- [Work required] The answer should be a single number: how many lines of the entries below hold the word "rounds".

Stored data:
———

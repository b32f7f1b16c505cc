-- ===== src/Tests/Bounds.antt =====
-- A server with one virtual host, for the instances of the theorems on tunnels.
use ngrok.Prelude.{
  ℕ, ◌^◌, ◌<◌, ◌≤◌, true, [], ◌∷◌, sym, ap, ◌∙◌, some, arith, length, In, inl, inr, Bool-cases,
}
use mathlib.Core.Path.{subst}
use ngrok.Prelude.Text.{Text, text, text_dec, drop_last, has_suffix, to_lower, trim_space, split}
use ngrok.Server.Vhosts.{public_vhosts, default_port_suffix, vhost_items, normal_vhost}
use ngrok.Server.Vhosts.Distinct.{public_vhosts-Collects}
use ngrok.Server.Tunnel.State.{Globals, Outside}
use ngrok.Server.Tunnel.Sizes.{IsBounded}

abbrev pub one_host : Globals
one_host = record {
  vhost_env = text "a.io";
  domains = text "a.io" ∷ [];
  listeners = (text "http", 80) ∷ (text "https", 443) ∷ [];
  allow_remote_ports = true;
}

abbrev pub quiet : ℕ → Outside
quiet n = record { now = n; random = λ i. 7; bind = λ p. some 4000 }

length-drop_last-le : (n : ℕ) (s : Text) → length (drop_last n s) ≤ length s
unfolding drop_last
length-drop_last-le n [] = omega arith
length-drop_last-le n (c ∷ s) = ground (arith, length-drop_last-le n s)

short_vhost : (suffix : Text) → length (normal_vhost suffix (text "a.io")) < 2 ^ 62
unfolding normal_vhost to_lower trim_space
short_vhost suffix = elim (Bool-cases (has_suffix (text "a.io") suffix)) [
  | inl ends ↦ rw ends (omega (arith, length-drop_last-le (length suffix) (text "a.io")))
  | inr other ↦ rw other (omega arith)
]

short_host :
    (protocol : Text) (port : ℕ) (v : Text)
    → In v (public_vhosts one_host.vhost_env one_host.domains protocol port)
    → length v < 2 ^ 62
unfolding vhost_items split text_dec
short_host protocol port v m =
    let c = public_vhosts-Collects one_host.vhost_env one_host.domains protocol port in
    elim (c.only v m) [
      | inl k ↦ absurd k
      | inr (item, inl e, normal) ↦
          subst (λ x. length x < 2 ^ 62)
            (sym (normal ∙ ap (normal_vhost (default_port_suffix protocol)) e))
            (short_vhost (default_port_suffix protocol))
      | inr (item, inr k, normal) ↦ absurd k
    ]

pub one_host-IsBounded : (n : ℕ) → IsBounded one_host (quiet n)
one_host-IsBounded n = record {
  vhosts_short = λ protocol port v m. short_host protocol port v m;
  domains_short = (omega arith, tt);
  random_small = λ i. omega arith;
  ports_small = λ p q e. ground (arith, e);
  has_domain = λ e. absurd cc;
}
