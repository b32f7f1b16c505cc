-- ===== src/Tests/Caches.antt =====
-- Instances of the theorems on the cache.
use ngrok.Prelude.{ℕ, true, ◌≡◌, refl, some, arith, length}
use mathlib.Core.List.{reverse}
use ngrok.Prelude.Maps.{get}
use ngrok.Prelude.Text.{Text, text, text_dec}
use ngrok.Cache.Lru.{LruCache, new_lru_cache, get_value, set_value, load_items, save_items}
use ngrok.Cache.Lru.View.{view, IsValid, keep}
use ngrok.Cache.Lru.Front.{Shows, touch}
use ngrok.Cache.Lru.Refine.{after_get, new_lru_cache-Shows, get_value_lem, set_value_lem}
use ngrok.Cache.Lru.Reload.{load_items-save_items}

abbrev size : Text → ℕ
size v = length v

abbrev bare : LruCache Text Text
bare = new_lru_cache 10

bare-IsValid : IsValid text_dec size bare
bare-IsValid = (new_lru_cache-Shows text_dec size 10 (omega arith)).valid

-- A cache with one entry.
filled :
    (c : LruCache Text Text) × (set_value text_dec size 1 (text "k") (text "value") bare ≡ some c)
    × Shows text_dec size c bare.capacity
        (keep size bare.capacity (touch text_dec size (text "k") (text "value") (view bare)))
filled = set_value_lem text_dec size 1 (text "k") bare bare-IsValid (text "value") (omega arith)

abbrev full : LruCache Text Text
full = filled.0

set_value_lem_example :
    (c : LruCache Text Text) × (set_value text_dec size 2 (text "j") (text "other!") full ≡ some c)
    × Shows text_dec size c full.capacity
        (keep size full.capacity (touch text_dec size (text "j") (text "other!") (view full)))
set_value_lem_example =
    set_value_lem text_dec size 2 (text "j") full filled.2.valid (text "other!") (omega arith)

get_value_lem_example :
    (c : LruCache Text Text) × (get_value text_dec 2 (text "k") full
      ≡ some (c, get text_dec (text "k") (view full)))
    × Shows text_dec size c full.capacity (
        after_get text_dec size 2
          (text "k")
          full
          filled.2.valid
          (get text_dec (text "k") (view full)))
get_value_lem_example = get_value_lem text_dec size 2 (text "k") full filled.2.valid

load_items-save_items_example :
    (c : LruCache Text Text) × (load_items text_dec size 2
        (λ l. some l)
        (save_items (λ l. l) full)
        (new_lru_cache full.capacity)
      ≡ some (c, true))
    × Shows text_dec size c full.capacity (reverse (view full))
load_items-save_items_example =
    load_items-save_items text_dec size 2 full (λ l. l) (λ l. some l) (λ l. refl) filled.2.valid
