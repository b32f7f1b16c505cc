-- ===== src/Tests/Clients.antt =====
-- Instances of the theorems on the client.
use ngrok.Prelude.{
  ℕ, suc, ◌+◌, ◌^◌, ◌≤◌, Bool, true, false, List, [], ◌∷◌, ◌++◌, ◌≡◌, ◌⊎◌, ◌↔◌, refl, Option, none,
  some, In, inl, inr, arith, All, length,
}
use ngrok.Prelude.Maps.{get}
use ngrok.Prelude.Text.{Text, text, text_dec}
use ngrok.Prelude.HostPort.{contains_byte}
use ngrok.Msg.{new_tunnel, req_proxy}
use ngrok.Client.Config.{
  TunnelConfiguration, Configuration, new_configuration, new_tunnel_configuration, Result, ok, err,
  undefined_tunnel, expected_pair,
}
use ngrok.Client.Config.Address.{normalize_address, server_name, server_name-normalize_address}
use ngrok.Client.Config.Load.{
  Options, World, load_configuration, loaded, run_start, read_configuration, is_old_format,
  all_old_chars,
}
use ngrok.Client.Config.Load.Checked.{IsChecked}
use ngrok.Client.Config.Load.Commands.{load_configuration-IsChecked, run_start_lem}
use ngrok.Client.Config.Load.Legacy.{read_configuration_old}
use ngrok.Client.Model.{ClientModel, ClientTunnel, http, conn_connecting, Network, control}
use ngrok.Client.Model.Backoff.{rounds, start_run, expected_waits, backoff_lem}
use ngrok.Client.Model.Heartbeat.{
  Beat, BeatEvent, checks, pings, pongs, beats, start_beat, IsPaced, max_pong_latency, beats_end,
}
use ngrok.Client.Model.Heartbeat.Answered.{EndsBy, beats_go_on}
use ngrok.Client.Model.Proxy.{Links, IsJoined, proxy, joined, proxy-joined_iff}
use ngrok.Client.Model.Tunnels.{IsServed, control-IsServed}

abbrev plain_options : Options
plain_options = record {
  config = [];
  logto = text "none";
  authtoken = [];
  inspectauth = [];
  httpauth = [];
  hostname = [];
  protocol = text "http+https";
  subdomain = [];
  command = text "start";
  args = text "web" ∷ [];
}

abbrev config_file : Text
config_file =
    text
      "server_addr: example.com:4443\ntunnels:\n  web:\n    proto:\n      http: 80\n  db:\n    proto:\n      tcp: 5432\n"

abbrev home : World
home = record {
  read_file = λ path. some config_file;
  default_path = text "/home/.ngrok";
  http_proxy = [];
  url_scheme = λ url. none;
  is_loopback = λ host. true;
}

abbrev web : TunnelConfiguration
web = record new_tunnel_configuration {
  subdomain = text "web";
  protocols = (text "http", text "127.0.0.1:80") ∷ [];
}

abbrev web_configuration : Configuration
web_configuration = record new_configuration {
  server_addr = text "example.com:4443";
  inspect_addr = text "127.0.0.1:4040";
  log_to = text "none";
  path = text "/home/.ngrok";
  tunnels = (text "web", web) ∷ [];
}

home-loads : load_configuration home plain_options ≡ ok (loaded web_configuration)
unfolding load_configuration ngrok.Client.Config.Load.read_file_configuration text_dec
    read_configuration ngrok.Client.Config.Parse.parse_configuration
    ngrok.Client.Config.Parse.parse_lines ngrok.Client.Config.Lines.raw_lines
    ngrok.Prelude.Text.split ngrok.Client.Config.Parse.parse_line ngrok.Prelude.Text.trim_space
    ngrok.Client.Config.Lines.strip_comment ngrok.Client.Config.Lines.drop_cr
    ngrok.Client.Config.Lines.split_key_value ngrok.Client.Config.Lines.pair_of
    ngrok.Prelude.Text.split_n ngrok.Client.Config.Parse.step_indent
    ngrok.Client.Config.Lines.leading_spaces ngrok.Client.Config.Parse.step_top
    ngrok.Prelude.ℕ_discrete ngrok.Client.Config.Address.is_loopback_address
    ngrok.Client.Config.Address.join_address normalize_address
    ngrok.Client.Config.Address.validate_protocol ngrok.Client.Config.Address.with_colon
    ngrok.Client.Config.Lines.drop_empty_last ngrok.Client.Config.Lines.parse_bool
    ngrok.Client.Config.Lines.parse_uint16 ngrok.Client.Config.Lines.trim_quotes
    ngrok.Client.Config.Load.all_old_chars ngrok.Client.Config.Load.check_configuration
    ngrok.Client.Config.Load.check_inspect ngrok.Client.Config.Load.check_protocols
    ngrok.Client.Config.Load.check_proxy ngrok.Client.Config.Load.check_server
    ngrok.Client.Config.Load.check_tunnels ngrok.Client.Config.Load.default_protocols
    ngrok.Client.Config.Load.first_undefined ngrok.Client.Config.Load.is_defined
    ngrok.Client.Config.Load.is_old_format ngrok.Client.Config.Load.is_requested
    ngrok.Client.Config.Load.keep_requested ngrok.Client.Config.Load.name_tunnel
    ngrok.Client.Config.Load.or_default ngrok.Client.Config.Load.override
    ngrok.Client.Config.Load.run_command ngrok.Client.Config.Load.run_default run_start
    ngrok.Client.Config.Load.set_defaults ngrok.Client.Config.Parse.set_tunnel
    ngrok.Client.Config.Parse.step_option ngrok.Client.Config.Parse.step_protocol
    ngrok.Client.Config.Parse.step_tunnel ngrok.Client.Config.Parse.tunnel_at
    ngrok.Prelude.HostPort.bracketed contains_byte ngrok.Prelude.HostPort.index_byte
    ngrok.Prelude.HostPort.last_index_byte ngrok.Prelude.HostPort.plain
    ngrok.Prelude.HostPort.split_host_port get ngrok.Prelude.Maps.put ngrok.Prelude.Numbers.atoi
    ngrok.Prelude.Numbers.below ngrok.Prelude.Numbers.digits_value ngrok.Prelude.Numbers.unsigned
    ngrok.Prelude.Text.to_lower ngrok.Prelude.Text.trim_left ngrok.Prelude.Text.trim_right
home-loads = refl

load_configuration-IsChecked_example : IsChecked home web_configuration
load_configuration-IsChecked_example =
    load_configuration-IsChecked home plain_options web_configuration home-loads

run_start_lem_example :
    ((name : Text) × In name (text "web" ∷ [])
      × (run_start plain_options new_configuration ≡ err (undefined_tunnel name))
      × (get text_dec name new_configuration.tunnels ≡ none))
    ⊎ ((d : Configuration) × (run_start plain_options new_configuration ≡ ok (loaded d))
        × ((name : Text)
            → In name (text "web" ∷ [])
            → (t : TunnelConfiguration) × (get text_dec name new_configuration.tunnels ≡ some t)
              × (get text_dec name d.tunnels ≡ some t))
        × ((name : Text) → (In name (text "web" ∷ []) → ⊥) → get text_dec name d.tunnels ≡ none))
run_start_lem_example = run_start_lem plain_options new_configuration (text "web") [] refl

read_configuration_old_example : read_configuration (text "s3cret") ≡ err (expected_pair 1)
unfolding is_old_format all_old_chars text_dec
read_configuration_old_example = read_configuration_old b's' (text "3cret") refl (omega arith)

server_name-normalize_address_example :
    (normalize_address (text "[::1]:443") ≡ ok (text "::1:443"))
    × (server_name (text "::1:443") ≡ none)
unfolding contains_byte
server_name-normalize_address_example =
    server_name-normalize_address b':' (text ":1") (text "443") (refl, refl) (refl, refl) refl refl

-- A tunnel and a proxy are served, and a second answer is for no request.
abbrev a_network : Network
a_network = record {
  reachable = true;
  answer =
      some
        (record { version = text "2"; mm_version = text "1.7"; client_id = text "c"; error = [] });
  ids = λ n. text "r";
  writable = true;
  now = 5;
  messages =
      (
        6,
        new_tunnel (record {
          req_id = text "r";
          url = text "http://web.io";
          protocol = text "http";
          error = [];
        }),
      )
      ∷ (7, req_proxy)
      ∷ (
        8,
        new_tunnel (record {
          req_id = text "q";
          url = text "http://x.io";
          protocol = text "http";
          error = [];
        }),
      )
      ∷ [];
}

abbrev a_model : ClientModel
a_model = record {
  id = [];
  server_version = [];
  tunnels = [];
  conn_status = conn_connecting;
  last_pong = 0;
  proxies = 0;
  shutdowns = [];
}

abbrev web_tunnel : ClientTunnel
web_tunnel = record {
  public_url = text "http://web.io";
  local_addr = text "127.0.0.1:80";
  protocol = some http;
}

served :
    get text_dec (text "http://web.io") (control a_network (web ∷ []) a_model).tunnels
    ≡ some web_tunnel
unfolding control get text_dec ngrok.Client.Model.serve ngrok.Client.Model.handle_all
    ngrok.Client.Model.handle ngrok.Client.Model.handle_new_tunnel ngrok.Client.Model.request_all
    ngrok.Prelude.Maps.put ngrok.Client.Model.local_address ngrok.Client.Model.proto_map
served = refl

control-IsServed_example :
    (get text_dec (text "http://web.io") a_model.tunnels ≡ some web_tunnel)
    ⊎ IsServed a_network (web ∷ []) (text "http://web.io") web_tunnel
control-IsServed_example =
    control-IsServed a_network (web ∷ []) a_model (text "http://web.io") web_tunnel served

-- Checks that come late, and a ping of the client.
abbrev silent_events : List BeatEvent
silent_events =
    checks 2500000000
    ∷ checks 5000000000
    ∷ checks 7500000000
    ∷ checks 10000000000
    ∷ checks 12500000000
    ∷ checks 15000000000
    ∷ checks 17500000000
    ∷ pings true 19000000000
    ∷ []

silent_events-IsPaced : IsPaced 1500000000 0 100 silent_events
silent_events-IsPaced = (
  omega arith,
  (
    omega arith,
    (
      omega arith,
      (omega arith, (omega arith, (omega arith, (omega arith, (omega arith, omega arith, tt))))),
    ),
  ),
)

beats_end_example :
    beats (pings true 100 ∷ silent_events) (record { last_ping = 0; last_pong = 1 }) ≡ none
beats_end_example =
    beats_end 1500000000 0 silent_events (record { last_ping = 0; last_pong = 1 }) 100 (omega arith)
      (omega arith) (omega arith) tt silent_events-IsPaced
      (checks 17500000000, inr (inr (inr (inr (inr (inr (inl refl)))))), omega arith)

abbrev answered_events : List BeatEvent
answered_events = pings true 110 ∷ checks 120 ∷ pongs 130 ∷ checks 20000000000 ∷ []

answered_events-EndsBy : EndsBy ((start_beat 100).last_ping + max_pong_latency) answered_events
unfolding start_beat
answered_events-EndsBy = (omega arith, (omega arith, (omega arith, (omega arith, tt))))

beats_go_on_example : (b' : Beat) × (beats answered_events (start_beat 100) ≡ some b')
beats_go_on_example =
    beats_go_on 100 answered_events (omega arith, (omega arith, (omega arith, (omega arith, tt))))
      (refl, inl (inl (omega arith)), tt) answered_events-EndsBy

backoff_lem_example :
    (rounds (true ∷ false ∷ false ∷ []) start_run).waits
    ≡ expected_waits 0 (true ∷ false ∷ false ∷ [])
backoff_lem_example = backoff_lem (true ∷ false ∷ false ∷ [])

abbrev links : Links
links = record {
  reachable = true;
  writable = true;
  start_proxy = some (record { url = text "http://web.io"; client_addr = text "1.2.3.4:5" });
  local = λ addr. true;
}

abbrev web_model : ClientModel
web_model = record a_model { tunnels = (text "http://web.io", web_tunnel) ∷ [] }

proxy-joined_iff_example :
    (proxy links web_model ≡ joined web_tunnel (text "1.2.3.4:5"))
    ↔ IsJoined links web_model web_tunnel (text "1.2.3.4:5")
proxy-joined_iff_example = proxy-joined_iff links web_model web_tunnel (text "1.2.3.4:5")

———

- [Task solution] 2